I would think: here it is, but someone protects it from being accessed. But how could I find out what’s going on, if a Citrix NetScaler uses exactly the same 404 page as the original web server? I would probably think the file is not there.
My solution
My first attempt was creating a simple rewriting policy changing the body with something like “HTTP/1.1 404 OK\n\r\n\r<html><head><title>404 File not found</title></tead><body><h1><font color=\”#802020\”>404 File not found!</font></h1><p><font color=\”#802020\”>The file you requested is not on this server.</font></p></body></html>” in it.
The length of the text is limited, so this is not a good solution. And I would rather like to place the file “somewhere” on my web server, so it’s pretty easy to change.
I spent some time thinking about what to do and made up my mind to use the HTTP callout feature. It was my first ever attempt to use HTTP callout, and I’ll describe how it works.
NetScaler’s HTTP callout feature
HTTP callout is intended to be used in policies to check something, i.e. an IP address, against a web-based service. So I could send an IP address (CLIENT.IP.SRC) to a web server containing an IP blacklist. This web server then would respond with something indicating good or bad.
I do something completely different: I will retrieve the content of the 404 page from a web server. To do so I have to navigate to App Expert -> HTTP Callouts.
Like any policy, it has to get a name. I do my callout to a vServer, so I have to specify the server here. My request will be attribut based, that means, I will be able to send regular HTTP requests, mine is a HTTP GET. My web server uses several hostnames for various virtual pages, so I have to specify a proper host expression. This makes sure, we retrieve the file from the right source. The URL Stem Expression is the URL we want to retrieve.
We scroll down to the bottom and select the return type TEXT and the expression should be HTTP.RES.BODY(65538). The number is the number of bytes to retrieve.
So, my policy will connect to a NetScaler vServer called cs_vsrv_norz.at to retrieve a file called /notfound.htm, setting the header Host to norz.at (i.e: https://192.168.200.109/notfound.htm).

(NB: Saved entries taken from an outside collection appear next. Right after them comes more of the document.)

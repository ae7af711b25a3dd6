-- ===== src/ReAct/Loop/Writes.antt =====
-- What it is to only add to what the loop of funera_core/src/re_act.rs writes to.
use funera.ReAct.Loop.{Loop, Step, go_on, stop, abort}
use funera.Prelude.{
  [], ◌≡◌, ◌++◌, ◌≤◌, ◌+◌, ◌∙◌, true, false, refl, arith, if◌then◌else◌, List, Bool, ℕ, ap, sym,
  append-nil, append_assoc,
}
use funera.Prelude.{length}

module _ {A : Type 0} where
  -- `l` is `before` with something added at its end
  pub record Extends (before l : List A) : Type 0 where
    pub added : List A
    pub split : l ≡ before ++ added

  pub Extends-refl : (l : List A) → Extends l l
  Extends-refl l = record { added = []; split = sym (append-nil l) }

  pub Extends-trans : {x y z : List A} → Extends x y → Extends y z → Extends x z
  Extends-trans {x} p q = record {
    added = p.added ++ q.added;
    split = q.split ∙ ap (λ l. l ++ q.added) p.split ∙ append_assoc x p.added q.added;
  }

  pub Extends-append : (l xs : List A) → Extends l (l ++ xs)
  Extends-append l xs = record { added = xs; split = refl }

  pub Extends-if : (b : Bool) (l xs m : List A) → m ≡ (if b then l ++ xs else l) → Extends l m
  Extends-if true l xs m p = record { added = xs; split = p }
  Extends-if false l xs m p = record { added = []; split = p ∙ sym (append-nil l) }

module _ {Json Evt : Type 0} where
  -- nothing that was written is changed or dropped
  pub record Grows (before l : Loop Json Evt) : Type 0 where
    pub session : Extends before.session l.session
    pub emitted : Extends before.emitted l.emitted
    pub react : Extends before.react l.react
    pub requests : Extends before.requests l.requests

  pub Grows-refl : (l : Loop Json Evt) → Grows l l
  Grows-refl l = record {
    session = Extends-refl l.session;
    emitted = Extends-refl l.emitted;
    react = Extends-refl l.react;
    requests = Extends-refl l.requests;
  }

  pub Grows-trans : {x y z : Loop Json Evt} → Grows x y → Grows y z → Grows x z
  Grows-trans p q = record {
    session = Extends-trans p.session q.session;
    emitted = Extends-trans p.emitted q.emitted;
    react = Extends-trans p.react q.react;
    requests = Extends-trans p.requests q.requests;
  }

  -- a step that writes, with at most `n` more requests
  pub record Writes (n : ℕ) (before l : Loop Json Evt) : Type 0 where
    pub grows : Grows before l
    pub bound : length l.requests ≤ length before.requests + n

  pub Writes-trans :
      (m n : ℕ) {x y z : Loop Json Evt} → Writes m x y → Writes n y z → Writes (m + n) x z
  Writes-trans m n p q = record {
    grows = Grows-trans p.grows q.grows;
    bound = omega (arith, p.bound, q.bound);
  }

  abbrev pub loop_of : Step Json Evt → Loop Json Evt
  loop_of (go_on l) = l
  loop_of (stop l) = l
  loop_of (abort l e) = l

It will then return all the body of this file, containing links to style definitions, pictures and so on.
Command-line version:
add policy httpCallout callout_retrieve_404 -vServer cs_vsrv_norz.at -returnType TEXT -hostExpr "\"norz.at\"" -urlStemExpr "\"/notfound.htm\"" -scheme http -resultExpr "HTTP.RES.BODY(65538)" set policy httpCallout callout_retrieve_404 -vServer cs_vsrv_norz.at -returnType TEXT -hostExpr "\"norz.at\"" -urlStemExpr "\"/notfound.htm\"" -scheme http -resultExpr "HTTP.RES.BODY(65538)"
The rewrite policy
The rewrite policy should be a very simple thing:
The NetScaler rewrite action using a HTTP callout
add rewrite action callout404 replace_http_res "SYS.HTTP_CALLOUT(callout_retrieve_404 )"

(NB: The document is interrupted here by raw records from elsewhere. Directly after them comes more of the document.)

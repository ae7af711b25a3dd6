-- ===== src/ReAct/Loop/Invariant.antt =====
-- The invariant rule of the loop of funera_core/src/re_act.rs: what holds at the start of a run and is
-- kept by each kind of write holds at its end.
use funera.ReAct.Loop.{
  MiddlewareEvent, FinishReason, Wiring, Loop, StreamState, ToolCallAccumulator, ToolExecResult,
  after_stream, cancel_loop, end_turn, filter_and_store, finish_turn, on_response, run, run_from,
  run_turn, ReactEvent, Turn, TurnFinish, read_stream, text_events, Arrival, Result, Step,
  call_event, handle_turn_finish, response_event, send, advance, begin_turn, err, is_before_turn,
  is_during_stream, parsed_args, sorted, turn_end, TokenUsage, go_on, is_during_request, ok,
  stream_cancelled, turn_events, emit_event, is_during_tools, process_token_stream, stop, abort,
}
use funera.Json.{JsonOps}
use mathlib.Core.Option
use funera.ReAct.Loop.Writes.{loop_of}
use funera.Prelude.{
  All, All-append, [], ◌∷◌, ◌+◌, ◌||◌, none, some, zero, suc, List, Option, ℕ, String, inl, inr,
  map, Bool-cases, is_empty,
}

module _ {ℓ} {Json Evt : Type 0} (json : JsonOps Json) (events : MiddlewareEvent Json Evt)
    (debug : FinishReason → String) (w : Wiring Evt) where
  -- `Q` holds of the events that go through the middleware
  pub record IsKept (P : Loop Json Evt → Type ℓ) (Q : Evt → Type 0) : Type ℓ where
    pub stored :
        (es : List Evt) (l : Loop Json Evt) → All Q es → P l → P (filter_and_store events w es l)
    pub sent : (es : List (ReactEvent Json)) (l : Loop Json Evt) → P l → P (send es l)
    pub begun : (t : Turn Json) (l : Loop Json Evt) → P l → P (begin_turn json events debug w t l)
    pub ended :
        (reason : Option String) (usage : Option TokenUsage) (l : Loop Json Evt)
        → P l
        → P (emit_event w (events.turn_end reason usage) l)
    pub cancelled : Q events.cancelled
    pub text :
        (content : String) (reasoning : Option String) → Q (events.assistant_text content reasoning)
    pub request :
        (call_id name : String) (args : Json) → Q (events.tool_call_request call_id name args)
    pub response :
        (call_id name : String) (r : Result String String) → Q (events.tool_response call_id name r)

  module _ {P : Loop Json Evt → Type ℓ} {Q : Evt → Type 0} (kept : IsKept P Q) where
    All-text_events : (s : StreamState Json) → All Q (text_events json events s)
    All-text_events s = elim (Bool-cases (is_empty s.assistant_content)) [
      | inl silent ↦ rw silent tt
      | inr spoken ↦ rw spoken (kept.text s.assistant_content _, tt)
    ]

    All-calls : (accs : List ToolCallAccumulator) → All Q (map (call_event json events) accs)
    All-calls [] = tt
    All-calls (a ∷ accs) = (kept.request a.call_id a.name (parsed_args json a), All-calls accs)

    All-responses : (rs : List ToolExecResult) → All Q (map (response_event events) rs)
    All-responses [] = tt
    All-responses (r ∷ rs) = (kept.response r.call_id r.name r.result, All-responses rs)

    cancel_loop-kept : (l : Loop Json Evt) → P l → P (loop_of (cancel_loop json events debug w l))
    unfolding cancel_loop
    cancel_loop-kept l h = kept.stored (events.cancelled ∷ []) l (kept.cancelled, tt) h

    end_turn-kept :
        (s : StreamState Json) (f : TurnFinish Json) (l : Loop Json Evt)
        → P l
        → P (loop_of (end_turn json events debug w s f l))
    unfolding end_turn
    end_turn-kept s f l h =
        let answered =
          kept.stored (map (response_event events) f.tool_results) l (All-responses f.tool_results)
            h in
        let closed =
          kept.sent (turn_end ∷ []) _
            (kept.ended (Option.map debug s.turn_finish_reason) s.turn_usage _ answered) in
        elim (Bool-cases f.should_continue) [
          | inl more ↦ rw more closed
          | inr enough ↦ rw enough closed
        ]

    finish_turn-kept :
        (t : Turn Json) (s : StreamState Json) (l : Loop Json Evt)
        → P l
        → P (loop_of (finish_turn json events debug w t s l))
    unfolding finish_turn
    finish_turn-kept t s l h =
        let f = handle_turn_finish json t.answer s.turn_finish_reason s.tool_call_accums in
        let own =
          All-append Q (text_events json events s)
            (map (call_event json events) (sorted s.tool_call_accums)) (All-text_events s)
            (All-calls (sorted s.tool_call_accums)) in
        let called = kept.sent f.sent _ (kept.stored (turn_events json events s) l own h) in
        elim (Bool-cases (is_during_tools t.cancel)) [
          | inl fired ↦ rw fired (cancel_loop-kept _ called)
          | inr quiet ↦ rw quiet (end_turn-kept s f _ called)
        ]

    after_stream-kept :
        (t : Turn Json) (arrivals : List (Arrival String)) (s : StreamState Json)
        (failure : Option String) (l : Loop Json Evt)
        → P l
        → P (loop_of (after_stream json events debug w t arrivals s failure l))
    unfolding after_stream
    after_stream-kept t arrivals s (some e) l h = h
    after_stream-kept t arrivals s none l h =
        elim (Bool-cases (is_during_stream t.cancel || stream_cancelled arrivals)) [
          | inl fired ↦ rw fired (cancel_loop-kept l h)
          | inr quiet ↦ rw quiet (finish_turn-kept t s l h)
        ]

    on_response-kept :
        (t : Turn Json) (r : Result (List (Arrival String)) String) (l : Loop Json Evt)
        → P l
        → P (loop_of (on_response json events debug w t r l))
    unfolding on_response read_stream
    on_response-kept t (err e) l h = h
    on_response-kept t (ok arrivals) l h =
        let (s, failure) = process_token_stream {Json = Json} arrivals in
        after_stream-kept t arrivals s failure (send s.sent l) (kept.sent s.sent l h)

    run_turn-kept :
        (t : Turn Json) (l : Loop Json Evt) → P l → P (loop_of (run_turn json events debug w t l))
    unfolding run_turn
    run_turn-kept t l h =
        let begun = kept.begun t l h in
        elim (Bool-cases (is_before_turn t.cancel)) [
          | inl fired ↦ rw fired (cancel_loop-kept l h)
          | inr later ↦ rw later (elim (Bool-cases (is_during_request t.cancel)) [
            | inl fired ↦ rw fired (cancel_loop-kept _ begun)
            | inr quiet ↦ rw quiet (on_response-kept t t.response _ begun)
          ])
        ]

    run_from-kept :
        (left : ℕ) (turns : ℕ → Turn Json) (i : ℕ) (l : Loop Json Evt)
        → P l
        → P (run_from json events debug w left turns i l).0
    unfolding run_from
    run_from-kept zero turns i l h = h
    run_from-kept (suc left) turns i l h =
        advance-kept (run_from-kept left turns (i + 1)) (run_turn json events debug w (turns i) l)
          (run_turn-kept (turns i) l h)
      where
        advance-kept :
            ((m : Loop Json Evt) → P m → P (run_from json events debug w left turns (i + 1) m).0)
            → (s : Step Json Evt) → P (loop_of s)
            → P (advance (run_from json events debug w left turns (i + 1)) s).0
        advance-kept rest (go_on m) k = rest m k
        advance-kept rest (stop m) k = k
        advance-kept rest (abort m e) k = k

    pub run-kept :
        (max_iteration : ℕ) (turns : ℕ → Turn Json) (l : Loop Json Evt)
        → P l
        → P (run json events debug w max_iteration turns l).0
    unfolding run
    run-kept max_iteration turns l h = run_from-kept max_iteration turns 0 l h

It’s a replace policy. Expression to choose the target location is all of the HTML body, so HTTP.RES.BODY (65536). To be more precise, it’s the first 65536 byte of the body (a 404 page typically is by far smaller). The Expression is the text we will use to replace the former body with. It is the HTTP callout request, in my case SYS.HTTP_CALLOUT(callout_retrieve_404).
The NetScaler rewrite policy
add rewrite policy rw_pol_404 "HTTP.RES.STATUS.EQ(404)" rw_act_404
This policy will get applied if the HTTP response status is a 404 (HTTP.RES.STATUS.EQ(404)). I then bound this policy to my webserver. That’s it. It was pretty easy.